The progress of the wheelchair towards the smaller parlor was audible. Burr remained standing, leaning on the mantle, while Eliza guided the chair into place opposite an arm chair. Hamilton tilted his head back to look at her.

“Could you give us a few minutes?”

“No,” she said, firmly.

“Betsey,” Hamilton sighed, a note of amusement entering his tone, “I hardly think I’m in any danger. What do you think he’s going to do to me in the middle of the parlor at three in the afternoon?”

“I never expected Mr. Burr would do anything to harm you.” Accusation and betrayal laced her words. Her hands rested protectively on the back of her husband’s chair as she spoke. Burr’s eyes went to the floor like a chastened child. “I have no interest in giving him the opportunity to prove me wrong again.”

“It’s fine,” Burr assured them both. “I'll only be a minute. I just came to say, well, to ask.…” He pushed out a breath. “The grand jury handed down an indictment. I'm to be held under house arrest at Martin's during the trial.”

Hamilton nodded, unsurprised.

“I need your help.” Burr couldn’t look at Eliza as he said it. He waited, half expecting Hamilton to grin or to gloat.

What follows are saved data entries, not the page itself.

-- ===== src/Channel/Waking.antt =====
-- channel_v2.inl: who waits and who is woken.
use native.Mathlib.Decide.{ℕ_discrete}
use librf.Prelude.{
  ◌≡◌, ◌≢◌, Bool, true, false, none, some, List, [], ◌∷◌, ◌++◌, append-nil, ◌≤◌, arith, ◌==◌, ◌&&◌,
  ◌↔◌, not, length, if◌then◌else◌,
}
use librf.RingQueue.Inv.{length-le-capacity}
use librf.LinkQueue.{Ptr, null}
use librf.LinkQueue.Chain.{Fresh}
use librf.Channel.{Channel, store, read_await_suspend, write_await_suspend}
use librf.Channel.Inv.{Rep, pending}
use librf.Channel.Read.{read-buffered, read-refilled, read-direct, read-waits, read-ready}
use librf.Channel.Write.{write-buffered, write-through, write-handed, write-waits, write-ready}

abbrev pub none_waits : List Ptr → Bool
none_waits [] = true
none_waits (p ∷ ps) = false

abbrev pub first : List Ptr → List Ptr
first [] = []
first (p ∷ ps) = p ∷ []

-- Every one of the states has a coroutine to resume.
abbrev pub AllCoro : (Ptr → Bool) → List Ptr → Type 0
AllCoro coro [] = Unit
AllCoro coro (p ∷ ps) = (coro p ≡ true) × AllCoro coro ps

-- They have it still when one more has been suspended.
store-AllCoro :
    (coro : Ptr → Bool) (p : Ptr) (ps : List Ptr) → AllCoro coro ps → AllCoro (store coro p true) ps
store-AllCoro coro p [] co = tt
store-AllCoro coro p (q ∷ ps) co = (ground (arith, co.0), store-AllCoro coro p ps co.1)

-- And so does the one that joins them.
pub append-AllCoro :
    (coro : Ptr → Bool) (p : Ptr) (ps : List Ptr)
    → AllCoro coro ps
    → AllCoro (store coro p true) (ps ++ (p ∷ []))
append-AllCoro coro p [] co = (ground arith, tt)
append-AllCoro coro p (q ∷ ps) co = (ground (arith, co.0), append-AllCoro coro p ps co.1)

module _ {ℓ} {A : Type ℓ} (o : Bool) {c : Channel A} where
  -- On a channel that has its invariant and whose waiting readers have their coroutines, with a
  -- state that does not wait yet, a write suspends exactly where no reader waits and the buffer is
  -- full; it gives the oldest waiting reader to the scheduler and nobody else, and of all coroutines
  -- only that of a suspended write is stored.
  pub write_wakes :
      (xs : List A) (rs ws : List Ptr) (p : Ptr) (v : A)
      → Rep c xs rs ws
      → AllCoro c.coro rs
      → p ≢ null
      → Fresh p ws
      → let (done, c') = write_await_suspend o c p v in
        (done ≡ not (none_waits rs && length xs == c.max_counter))
        × (c'.scheduled ≡ c.scheduled ++ first rs)
        × (c'.coro ≡ (if done then c.coro else store c.coro p true))
  write_wakes xs [] ws p v r co n out = elim (ℕ_discrete (length xs) c.max_counter) [
    | yes full ↦
        let (e, _) = write-waits o v xs ws p n out full r in
        ground (arith, e, append-nil c.scheduled)
    | no room ↦
        let (e, _) = write-buffered o v xs ws room r in
        ground (arith, write-ready o c p v _ e, append-nil c.scheduled)
  ]
  write_wakes [] (q ∷ rs) [] p v r co n out = elim (ℕ_discrete 0 c.max_counter) [
    | yes full ↦
        let (e, _) = write-handed o v q rs full r in ground (arith, write-ready o c p v _ e, co.0)
    | no room ↦
        let (e, _) = write-through o v q rs room r in ground (arith, write-ready o c p v _ e, co.0)
  ]
  write_wakes (x ∷ xs) (q ∷ rs) ws p v r co n out = absurd (ground (arith, r.idle_readers))
  write_wakes [] (q ∷ rs) (w ∷ ws) p v r co n out = absurd (ground (arith, r.idle_readers))

  -- On a channel that has its invariant and whose waiting writers have their coroutines, with a
  -- state that does not wait yet, a read suspends exactly where no value is on its way; it gives the
  -- oldest waiting writer to the scheduler and nobody else, and of all coroutines only that of a
  -- suspended read is stored.
  pub read_wakes :
      (xs : List A) (rs ws : List Ptr) (p : Ptr)
      → Rep c xs rs ws
      → AllCoro c.coro ws
      → p ≢ null
      → Fresh p rs
      → let (got, c') = read_await_suspend o c p in
        ((got ≡ none) ↔ (pending c xs ws ≡ []))
        × (c'.scheduled ≡ c.scheduled ++ first ws)
        × (c'.coro ≡ elim got [ none ↦ store c.coro p true | some v ↦ c.coro ])
  read_wakes (x ∷ xs) rs [] p r co n out =
      let (e, _) = read-buffered o x xs rs r in
      ground (arith, read-ready o c p _ _ e, append-nil c.scheduled)
  read_wakes (x ∷ xs) rs (w ∷ ws) p r co n out =
      let (e, _) = read-refilled o x xs rs w ws r in ground (arith, read-ready o c p _ _ e, co.0)
  read_wakes [] rs (w ∷ ws) p r co n out =
      let (e, _) = read-direct o rs w ws r in ground (arith, read-ready o c p _ _ e, co.0)
  read_wakes [] rs [] p r co n out =
      let (e, _) = read-waits o rs p n out r in ground (arith, e, append-nil c.scheduled)

-- The buffer never holds more than the capacity.
pub length-le-max {ℓ} :
    {A : Type ℓ} {c : Channel A} {xs : List A} {rs ws : List Ptr}
    → Rep c xs rs ws
    → length xs ≤ c.max_counter
length-le-max r = omega (arith, length-le-capacity r.holds, r.sized)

Instead, Hamilton gave him a reassuring smile. “It would be my pleasure, Mr. Burr.”

The relief that fluttered in his chest surprised him. He didn’t need Hamilton to assure victory in court, he knew. But his help promised something more than dodging a death sentence. The promise of forgiveness, of home, resided in Hamilton’s open expression. Unable to articulate the soaring feeling inside him, Burr managed only a whispered, “Thank you.”